» **Provided data**:
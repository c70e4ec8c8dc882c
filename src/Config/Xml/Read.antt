-- ===== src/Config/Xml/Read.antt =====
-- An exported report that is imported.
use net_soc_ops.Prelude.{
  ℕ, suc, String, ◌≡◌, refl, ap, ◌∙◌, Bool, true, false, Option, none, some, List, [], ◌∷◌, ◌++◌,
  All, map, any, if◌then◌else◌, str_eq, ◌==◌, ==_iff, arith,
}
use net_soc_ops.Prelude.Results.{ok}
use net_soc_ops.Config.Store.{Policy, Report, Db}
use net_soc_ops.Config.Policies.{clip}
use net_soc_ops.Config.Reports.{find_report, has_policy, add_links}
use net_soc_ops.Config.Xml.{
  Element, node, Rule, namespace, text_or, simple_rule, with_tag, find_el, findall_el, content_of,
  policy_element, policy_elements, rules_of, parse_report_policies_from_root, report_root,
  exported_policies, export_compliance_report_xml, policy_of, add_rules, with_report,
  import_compliance_report_xml,
}

-- A policy whose name, kind and content are not empty, with a content of at most 500 characters,
-- and a type of device that is not empty, if it has one.
abbrev IsGiven : Option String → Type 0
IsGiven none = Unit
IsGiven (some d) = str_eq d "" ≡ false

abbrev pub IsPlain : Policy → Type 0
IsPlain p =
    (str_eq p.name "" ≡ false)
    × (str_eq p.rule_type "" ≡ false)
    × (str_eq p.rule_content "" ≡ false)
    × (clip 500 p.rule_content ≡ p.rule_content)
    × IsGiven p.device_type

abbrev pub rule_of : Policy → Rule
rule_of p = record {
  name = p.name;
  rule_type = p.rule_type;
  rule_content = p.rule_content;
  device_type = p.device_type;
}

with_tag-policies :
    (ps : List Policy) → with_tag "Policy" (policy_elements ps) ≡ map policy_element ps
with_tag-policies [] = refl
with_tag-policies (p ∷ ps) = ap (λ es. policy_element p ∷ es) (with_tag-policies ps)

device_type-given :
    (o : Option String) → IsGiven o → (if str_eq (text_or o) "" then none else some (text_or o)) ≡ o
device_type-given none h = refl
device_type-given (some d) h = rw h refl

simple_rule-policy : (p : Policy) → IsPlain p → simple_rule (policy_element p) ≡ rule_of p
simple_rule-policy p (name, kind, content, short, device) = rw short (
    rw content (
      rw name (
        rw kind (
          ap
            (λ d. record {
              name = p.name;
              rule_type = p.rule_type;
              rule_content = p.rule_content;
              device_type = d;
            })
            (device_type-given p.device_type device)))))

rules_of-policies :
    (ps : List Policy) → All IsPlain ps → rules_of (map policy_element ps) ≡ map rule_of ps
unfolding rules_of
rules_of-policies [] h = refl
rules_of-policies (p ∷ ps) ((name, kind, content, short, device), h) =
    let full : str_eq (content_of (policy_element p)) "" ≡ false = rw short (rw content content) in
    rw full (
      ap (λ x. x ∷ rules_of (map policy_element ps))
        (simple_rule-policy p (name, kind, content, short, device))
      ∙ ap (λ rs. rule_of p ∷ rs) (rules_of-policies ps h))

-- The policies that are read from the document of a report are those of the report.
findall-policies :
    (ps : List Policy)
    → findall_el (node "AssignedPolicies" [] "" (policy_elements ps)) "Policy"
      ≡ map policy_element ps
unfolding findall_el namespace
findall-policies [] = refl
findall-policies (p ∷ ps) = ap (λ es. policy_element p ∷ es) (with_tag-policies ps)

parse-report_root :
    (r : Report) (ps : List Policy)
    → All IsPlain ps
    → parse_report_policies_from_root (report_root r ps) ≡ map rule_of ps
unfolding parse_report_policies_from_root report_root find_el
parse-report_root r ps h = ap rules_of (findall-policies ps) ∙ rules_of-policies ps h

-- The rows of rules, with keys from one on.
abbrev pub numbered : ℕ → List Rule → List Policy
numbered id [] = []
numbered id (rule ∷ rules) = policy_of id rule ∷ numbered (suc id) rules

append_cons :
    (ps : List Policy) (p : Policy) (new : List Policy) → (ps ++ p ∷ []) ++ new ≡ ps ++ p ∷ new
append_cons [] p new = refl
append_cons (x ∷ ps) p new = ap (λ y. x ∷ y) (append_cons ps p new)

append_nil : (ps : List Policy) → ps ≡ ps ++ []
append_nil [] = refl
append_nil (p ∷ ps) = ap (λ x. p ∷ x) (append_nil ps)

add_rules-policies :
    (rules : List Rule) (db : Db)
    → (add_rules rules db).1.policies ≡ db.policies ++ numbered db.next_policy rules
unfolding add_rules
add_rules-policies [] db = append_nil db.policies
add_rules-policies (rule ∷ rules) db =
    add_rules-policies rules _ ∙ append_cons db.policies (policy_of db.next_policy rule) _

any-append : (p : Policy → Bool) (ps new : List Policy) → any p ps ≡ true → any p (ps ++ new) ≡ true
any-append p [] new h = cc
any-append p (x ∷ ps) new h = ground (arith, any-append p ps new)

any-last :
    (p : Policy → Bool) (ps : List Policy) (x : Policy) → p x ≡ true → any p (ps ++ x ∷ []) ≡ true
any-last p [] x h = rw h refl
any-last p (y ∷ ps) x h = ground (arith, any-last p ps x h)

add_rules-has :
    (rules : List Rule) (db : Db) (id : ℕ)
    → has_policy db id ≡ true
    → has_policy (add_rules rules db).1 id ≡ true
add_rules-has rules db id h =
    rw (add_rules-policies rules db) (any-append (λ p. p.id == id) db.policies _ h)

add_rules-AreThere :
    (rules : List Rule) (db : Db)
    → All (λ id. has_policy (add_rules rules db).1 id ≡ true) (add_rules rules db).0
unfolding add_rules
add_rules-AreThere [] db = tt
add_rules-AreThere (rule ∷ rules) db = (
  add_rules-has rules _ db.next_policy (
      any-last (λ p. p.id == db.next_policy) db.policies (policy_of db.next_policy rule)
        ((==_iff db.next_policy db.next_policy).1 refl)),
  add_rules-AreThere rules _,
)

-- Links to policies that exist are added, and the policies stay.
add_links-policies :
    (report_id i : ℕ) (ids : List ℕ) (db : Db)
    → All (λ id. has_policy db id ≡ true) ids
    → (db' : Db) × (add_links report_id i ids db ≡ ok db') × (db'.policies ≡ db.policies)
unfolding add_links
add_links-policies report_id i [] db h = (db, refl, refl)
add_links-policies report_id i (id ∷ ids) db (there, h) =
    rw there (add_links-policies report_id (suc i) ids _ h)

-- If a report exists and its export is parsed back to the document that was printed, the import of
-- the export succeeds, and adds exactly the policies that the report links, in the order of the
-- table: each with its name, kind, content and type of device, enabled, and under a new key. The
-- policies must have a name, a kind, a content of 1 to 500 characters, and no empty type of device.
pub import-export :
    (print : Element → String) (parse : String → Option Element) (report_id : ℕ) (report : Report)
    (db : Db)
    → find_report report_id db ≡ some report
    → (let root = report_root report (exported_policies report_id db) in
        parse (print root) ≡ some root)
    → All IsPlain (exported_policies report_id db)
    → (text : String) × (db' : Db) × (export_compliance_report_xml print report_id db ≡ ok text)
      × (import_compliance_report_xml parse text db ≡ ok db')
      × (db'.policies
          ≡ db.policies ++ numbered db.next_policy (map rule_of (exported_policies report_id db)))
unfolding export_compliance_report_xml import_compliance_report_xml
import-export print parse report_id report db found back plain =
    let exported = exported_policies report_id db in
    let root = report_root report exported in
    let rules = parse_report_policies_from_root root in
    let added = add_rules rules (with_report root db) in
    let (db', linked, same) =
      add_links-policies db.next_report 0 added.0 added.1
        (add_rules-AreThere rules (with_report root db)) in
    (
      print root,
      db',
      rw (found, export_compliance_report_xml) refl,
      rw (back, import_compliance_report_xml) linked,
      same
          ∙ (add_rules-policies rules (with_report root db)
              ∙ ap (λ rs. db.policies ++ numbered db.next_policy rs)
                  (parse-report_root report exported plain)),
    )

» **Description of the task**: Tell how many lines above include the word "linked". Give the number alone.

» **Task response**: 2